I've also been playing "Resistance: Fall Of Man" lately and I got to the last level (the part in London with the 2 stalkers and the huge spider), but it's so fuckin' hard that I just decided to put it to the side for a few days and concentrate on my new game, "The Darkness."



BCrowell said:


> +1 Rep for Orignal UT props! I have to agree, owning UT2k3, 2k4, and UT, UT is STILL the most fun to play. The way the 'deemers & snipers work in that game is far better too IMHO. I've seen screenshots of the 2k7 that promises to bring back gameplay more like the original...we'll see.
> 
> Battousai, I'll definantly check those out! Thanks man!



 I've owned 30-35 FPSs and Unreal Tournament (1999) just may be my favorite of them all. I still play that game on my computer quite often and I've logged so much time on that game in single player, multiplayer mode, and in cooperative mode with my ex-girlfriend and 1-against-1 mode against my ex-girlfriend.

I bought 2004 after it came out and I was HUGELY disappointed. I ended up giving the game to my brother. He didn't like it, so he just put it on his shelf and never played it.


----------



## ShawnFjellstad (Sep 2, 2007)

Counter-Strike: Source.


----------



## F1Filter (Sep 3, 2007)

Call Of Duty 4 Beta. Which is kicking the Halo 3 beta's ass all over the place if you ask me.


----------



## DDDorian (Sep 3, 2007)

Trauma Center: Under The Knife for DS. Kinda fun, but it won't let me carve my name into anyone's flesh, which is a serious letdown


----------



## the.godfather (Sep 3, 2007)

Bioshock
Blue Dragon
GRAW 2
The Darkness

Enjoying all those at the moment, alot!


----------



## JJ Rodriguez (Sep 3, 2007)

I keep thinking about going back and playing Everquest but on a blue server, but seeing as the low end game of EQ is dead it would be kind of pointless. I wish they'd open up a new progression server, I missed the first ones and now they're way ahead


----------



## Lucky Seven (Sep 3, 2007)

The ORIGINAL Unreal Tournament, but also with the Chaos version. Arcanum (my favorite RPG), Fallout 2. I've played them all so much it's not even funny.


----------



## D-EJ915 (Sep 3, 2007)

I was playing obivion and will start again once I'm done fucking my computer, lol.


Oblivion =


----------



## Lucky Seven (Sep 3, 2007)

D-EJ915 said:


> I was playing obivion and will start again once I'm done fucking my computer, lol.
> 
> 
> Oblivion =



 Morrowind is slightly superior, I have both.


----------



## Battousai (Sep 3, 2007)

D-EJ915 said:


> I was playing obivion and will start again once I'm done fucking my computer, lol.
> 
> 
> Oblivion =




is it ? i just got it but its still shelved... will play it as soon as i finish this new game i got.. Condemned : Criminal Origins.. so damn dark and its all meelee focused... damn good game tho... ithink its based on the unreal 3 engine.. looks amazing


----------



## Naren (Sep 3, 2007)

Battousai said:


> is it ? i just got it but its still shelved... will play it as soon as i finish this new game i got.. Condemned : Criminal Origins.. so damn dark and its all meelee focused... damn good game tho... ithink its based on the unreal 3 engine.. looks amazing



Oblivion is my second favorite game of all time after Morrowind. WHY IS IT SHELVED!?  I can guarantee you it's a zillion times better than Condemned: Criminal Origins. 
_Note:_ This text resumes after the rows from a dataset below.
-- ===== src/Auth/Principals.antt =====
-- Whom backend/synqc_backend/auth/deps.py lets through.
use syn_qc_temporal_dynamics.Prelude.{
  ℕ, String, ◌≡◌, ◌⊎◌, refl, true, false, Option, none, some, List, arith, Result, ok, raise, ◌>>=◌,
  Bool-cases, Option-cases, inl, inr, sym, subst, ◌∙◌,
}
use syn_qc_temporal_dynamics.Auth.{
  Principal, Settings, Request, User, Info, AuthStore, HttpError, unauthorized, present, needs_auth,
  api_key_principal, has_api_key, session_principal, token_principal, from_session, from_token,
  or_anonymous, session_or_token, get_principal, is_anonymous, require_scopes,
}
use syn_qc_temporal_dynamics.Auth.Scopes.{Covers, require_scopes_iff}

module _ (store : AuthStore) where
  open store use {Store, session_user, get_user_by_id, verify_api_token}

  -- Where a principal that is let in comes from: the configured key, a session of the store with a
  -- user, or a token that the store accepts.
  pub Origin : Settings → Request → Store → Principal → Type 0
  Origin c r s p =
      ((has_api_key c r ≡ true) × (p ≡ api_key_principal))
      ⊎ ((sid : String) × (owner : ℕ) × (u : User) × (present r.session_cookie ≡ some sid)
          × ((session_user sid s).1 ≡ some owner)
          × (get_user_by_id owner (session_user sid s).0 ≡ some u)
          × (p ≡ session_principal u))
      ⊎ ((token : String) × (info : Info) × (present r.bearer ≡ some token)
          × ((verify_api_token token (from_session store (present r.session_cookie) s).0).1
              ≡ some info)
          × (p ≡ token_principal info))

  from_session-some :
      (cookie : Option String) (s : Store) (p : Principal)
      → (from_session store cookie s).1 ≡ some p
      → (sid : String) × (owner : ℕ) × (u : User) × (cookie ≡ some sid)
        × ((session_user sid s).1 ≡ some owner)
        × (get_user_by_id owner (session_user sid s).0 ≡ some u)
        × (p ≡ session_principal u)
  unfolding from_session
  from_session-some none s p h = absurd (ground (arith, h))
  from_session-some (some sid) s p h = elim (Option-cases (session_user sid s).1) [
    | inl e ↦
        let nobody : (from_session store (some sid) s).1 ≡ none = rw (from_session, e) refl in
        absurd (ground (arith, h, nobody))
    | inr (owner, e) ↦ elim (Option-cases (get_user_by_id owner (session_user sid s).0)) [
      | inl f ↦
          let nobody : (from_session store (some sid) s).1 ≡ none = rw (from_session, e, f) refl in
          absurd (ground (arith, h, nobody))
      | inr (u, f) ↦
          let user : (from_session store (some sid) s).1 ≡ some (session_principal u) =
            rw (from_session, e, f) refl in
          (sid, owner, u, refl, e, f, ground (arith, h, user))
    ]
  ]

  from_token-some :
      (bearer : Option String) (s : Store) (p : Principal)
      → (from_token store bearer s).1 ≡ some p
      → (token : String) × (info : Info) × (bearer ≡ some token)
        × ((verify_api_token token s).1 ≡ some info)
        × (p ≡ token_principal info)
  unfolding from_token
  from_token-some none s p h = absurd (ground (arith, h))
  from_token-some (some token) s p h = elim (Option-cases (verify_api_token token s).1) [
    | inl e ↦
        let nobody : (from_token store (some token) s).1 ≡ none = rw (from_token, e) refl in
        absurd (ground (arith, h, nobody))
    | inr (info, e) ↦
        let found : (from_token store (some token) s).1 ≡ some (token_principal info) =
          rw (from_token, e) refl in
        (token, info, refl, e, ground (arith, h, found))
  ]

  get_principal-session :
      (c : Settings) (r : Request) (s : Store)
      → has_api_key c r ≡ false
      → (get_principal store c r s).1
        ≡ (session_or_token store c r (from_session store (present r.session_cookie) s)).1
  unfolding get_principal
  get_principal-session c r s h = rw h refl

  session_or_token-none :
      (c : Settings) (r : Request) (answer : Store × Option Principal)
      → answer.1 ≡ none
      → (session_or_token store c r answer).1
        ≡ or_anonymous store c (from_token store (present r.bearer) answer.0).1
  session_or_token-none c r (s, none) h = refl
  session_or_token-none c r (s, some p) h = absurd (ground (arith, h))

  session_or_token-some :
      (c : Settings) (r : Request) (answer : Store × Option Principal) (p : Principal)
      → answer.1 ≡ some p
      → (session_or_token store c r answer).1 ≡ ok p
  session_or_token-some c r (s, none) p h = absurd (ground (arith, h))
  session_or_token-some c r (s, some q) p h = ground (arith, h)

  -- Where authentication is required, `get_principal` lets in nobody without an origin: the
  -- configured key was presented, or the cookie names a session of the store whose user exists, or
  -- the store accepts the bearer as a token; in every other case it raises 401.
  get_principal-Origin :
      (c : Settings) (r : Request) (s : Store)
      → needs_auth c ≡ true
      → ((p : Principal) × ((get_principal store c r s).1 ≡ ok p) × Origin c r s p)
        ⊎ ((get_principal store c r s).1 ≡ raise unauthorized)
  unfolding Origin get_principal
  get_principal-Origin c r s n = elim (Bool-cases (has_api_key c r)) [
    | inl key ↦ inl (api_key_principal, rw key refl, inl (key, refl))
    | inr no_key ↦
        let answer = from_session store (present r.session_cookie) s in
        let step = get_principal-session c r s no_key in
        elim (Option-cases answer.1) [
          | inr (p, e) ↦ inl (
            p,
            step ∙ session_or_token-some c r answer p e,
            inr (inl (from_session-some (present r.session_cookie) s p e)),
          )
          | inl e ↦
              let rest = step ∙ session_or_token-none c r answer e in
              elim (Option-cases (from_token store (present r.bearer) answer.0).1) [
                | inr (p, f) ↦ inl (
                  p,
                  rest ∙ rw f refl,
                  inr (inr (from_token-some (present r.bearer) answer.0 p f)),
                )
                | inl f ↦ inr (rest ∙ rw (f, n) refl)
              ]
        ]
  ]

  -- What FastAPI runs for a route that depends on `require_scopes(*required)`.
  unfoldable pub guarded : Settings → List String → Request → Store → Result HttpError Principal
  guarded c required r s = (get_principal store c r s).1 >>= require_scopes c required

  Origin-known :
      (c : Settings) (r : Request) (s : Store) (p : Principal)
      → Origin c r s p
      → is_anonymous p.kind ≡ false
  unfolding Origin
  Origin-known c r s p (inl (key, e)) = rw e refl
  Origin-known c r s p (inr (inl (sid, owner, u, a, b, d, e))) = rw e refl
  Origin-known c r s p (inr (inr (token, info, a, b, e))) = rw e refl

  -- Where authentication is required, whoever passes a guarded route has an origin, and `*` or each
  -- of the scopes that the route asks for.
  pub guarded_admits :
      (c : Settings) (required : List String) (r : Request) (s : Store) (p : Principal)
      → needs_auth c ≡ true
      → guarded c required r s ≡ ok p
      → Origin c r s p × Covers p required
  unfolding guarded
  guarded_admits c required r s p n h = elim (get_principal-Origin c r s n) [
    | inr refused ↦
        let e : guarded c required r s ≡ raise unauthorized = rw refused refl in
        absurd (ground (arith, h, e))
    | inl (q, e, origin) ↦
        let passed : require_scopes c required q ≡ ok p =
          let run : guarded c required r s ≡ require_scopes c required q = rw e refl in
          sym run ∙ h in
        let (iff, cases) = require_scopes_iff c required q n (Origin-known c r s q origin) in
        elim cases [
          | inl same ↦
              let one : q ≡ p = ground (arith, same, passed) in
              subst (λ x. Origin c r s x × Covers x required) one (origin, iff.0 same)
          | inr (t, ts, f, lack) ↦ absurd (ground (arith, passed, f))
        ]
  ]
I own Oblivion for the PC and I will be buying the Game of the Year Edition of Oblivion for my PS3 later this month. 

YOU MUUUUST PLAY IT!


----------



## Lucky Seven (Sep 3, 2007)

Naren said:


> Oblivion is my second favorite game of all time after Morrowind. WHY IS IT SHELVED!?  I can guarantee you it's a zillion times better than Condemned: Criminal Origins.
> 
> I own Oblivion for the PC and I will be buying the Game of the Year Edition of Oblivion for my PS3 later this month.
> 
> YOU MUUUUST PLAY IT!



 

You like Morrowind more than Oblivion AND it's your favorite game of all time?!?!?!? Naren, I love you (in the straightest way possible, of coarse). Morrowind has gotta be my favorite game after Arcanum.


----------



## Naren (Sep 3, 2007)

Lucky Seven said:


> You like Morrowind more than Oblivion AND it's your favorite game of all time?!?!?!? Naren, I love you (in the straightest way possible, of coarse). Morrowind has gotta be my favorite game after Arcanum.



I've beaten Morrowind with the Tribunal expansion pack and Bloodmoon expansion pack 3 times now. You should see my one saved game.  I'm basically immortal the way I made my weapons and equipment.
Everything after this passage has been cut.